# mehrzeiliger String



## PsychoCat (13. August 2004)

Hallo!
Ist es möglich in javascript mehrzeilige strings in einer Variable zu speichern? Wenn ich folgendes probiere, kommt immer der Fehler "nicht abgeschlossene Zeichenfolgenkonstante":
test = ("erste Zeile
zweite Zeile");

Zum Hintergrund:
Ich lese einen Text mit php aus einer Datenbank aus und dieser ist eben mehrzeilig, soll aber in javascript verwendet werden.


----------



## Krypthonas (13. August 2004)

Öhm ja das geht. Du kennst ja sicherlich von PHP das Verbindungsobjekt ".".
So, genau das selbe gibt es auch für *JavaScript*, nur heist es da "+".

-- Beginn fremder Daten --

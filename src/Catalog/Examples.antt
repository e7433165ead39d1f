-- ===== src/Catalog/Examples.antt =====
-- Two releases of an app; the second is active, and the first is restored.
use windforce_lite.Prelude.{◌≡◌, refl, ℕ_discrete}
use windforce_lite.Str.{Str, str, str_dec, trim_space}
use windforce_lite.Table.{get, put}
use windforce_lite.Contract.{Deployment, normalize_workspace, source_workspace}
use windforce_lite.State.Payload.{zero_deployment}
use windforce_lite.State.Types.{release_already_active}
use windforce_lite.State.Result.{ok, err}
use windforce_lite.Catalog.{CatalogSnapshot, DeploymentHistory, new_catalog, deployment_key}
use windforce_lite.Catalog.Publish.{prepare_publication, add_publication}
use windforce_lite.Catalog.Rollback.{
  ReleaseRollbackRequest, ReleaseRollbackResult, normalize_snapshot, prepared_request,
  first_release, is_release, prepare_release_rollback_request, roll_back, find_release,
  backfill_active_history_ids, normalize_deployment_map, switch_release,
  new_release_rollback_result, apply_release_rollback,
}
use windforce_lite.Catalog.Active.{RolledBack, apply_release_rollback_lem}

abbrev mail : Str → Deployment
mail commit = record zero_deployment { workspace = str "team"; app = str "mail"; commit = commit }

abbrev add : Str → Str → CatalogSnapshot → CatalogSnapshot
add version commit s =
    let p = prepare_publication version (mail commit) 1 1 in add_publication s p.0 p.1 p.2

abbrev two_releases : CatalogSnapshot
two_releases = add (str "v2") (str "c2") (add (str "v1") (str "c1") new_catalog)

abbrev request : ReleaseRollbackRequest
request = record {
  workspace = str "team";
  app = str "mail ";
  release_id = str "v1";
  actor = str "ann";
  reason = str "broken";
  rolled_back_at = 0;
}

abbrev target : DeploymentHistory
target = (prepare_publication (str "v1") (mail (str "c1")) 1 1).1

abbrev result : ReleaseRollbackResult
result =
    new_release_rollback_result (str "a1") target (str "v2") (str "c2") (prepared_request request 9)

abbrev restored : CatalogSnapshot
restored =
    switch_release (normalize_snapshot two_releases) (prepared_request request 9) target result

is_restored : apply_release_rollback (str "a1") two_releases request 9 ≡ ok (restored, result)
unfolding apply_release_rollback normalize_snapshot prepare_publication trim_space str_dec
    ℕ_discrete prepare_release_rollback_request roll_back find_release first_release add_publication
    is_release normalize_workspace source_workspace get backfill_active_history_ids
    normalize_deployment_map put deployment_key
is_restored = refl

apply_release_rollback_lem_example :
    RolledBack (normalize_snapshot two_releases) restored (prepared_request request 9) result
    × (apply_release_rollback (str "a2") restored request 10 ≡ err release_already_active)
apply_release_rollback_lem_example =
    apply_release_rollback_lem (str "a1") (str "a2") two_releases restored request 9 10 result
      is_restored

Theoretisch müsste das funktionieren:

```
$string="Das ist mein Text
Und noch viel mehr";

$string=str_replae("\n","' \n + '",$string);
$string.="var variable='" . $string."';";

//gibt aus:
//var variable='Das ist mein Text'
//+ 'Und noch viel mehr'
//+ '';
```
Ich hoffe du hast das Prinzip verstanden. Ich habe es lange nicht mehr angwandt, hatte aber funktioniert. Notfalls löschst du einfach die Zeilenumbrüche(physisch).

In diesem Sinne


----------



## PsychoCat (13. August 2004)

Also Danke erstmal, aber das funktioniert nicht so ganz.
Ausgegeben wird dann:
var variable='Das ist mein Text
' 
+ 'Und noch viel mehr';


----------



## Sven Mintel (13. August 2004)

Wie immer von mir der gleiche Tipp

arbeite in PHP mit rawurlencode(), und in Javascript mit unescape()

```
<script type="text/javascript">
<!--
test = unescape("<?php echo rawurlencode($textMitZeilenumbruch);?>");
//-->
</script>
```


----------



## PsychoCat (14. August 2004)

Ja, das klappt schonmal, vielen Dank bis hierher!
Aber gibt es auch eine Möglichkeit den String dann anschließend wieder mit seinen ganzen Zeilenumbrüchen und Leerzeichen auszugeben?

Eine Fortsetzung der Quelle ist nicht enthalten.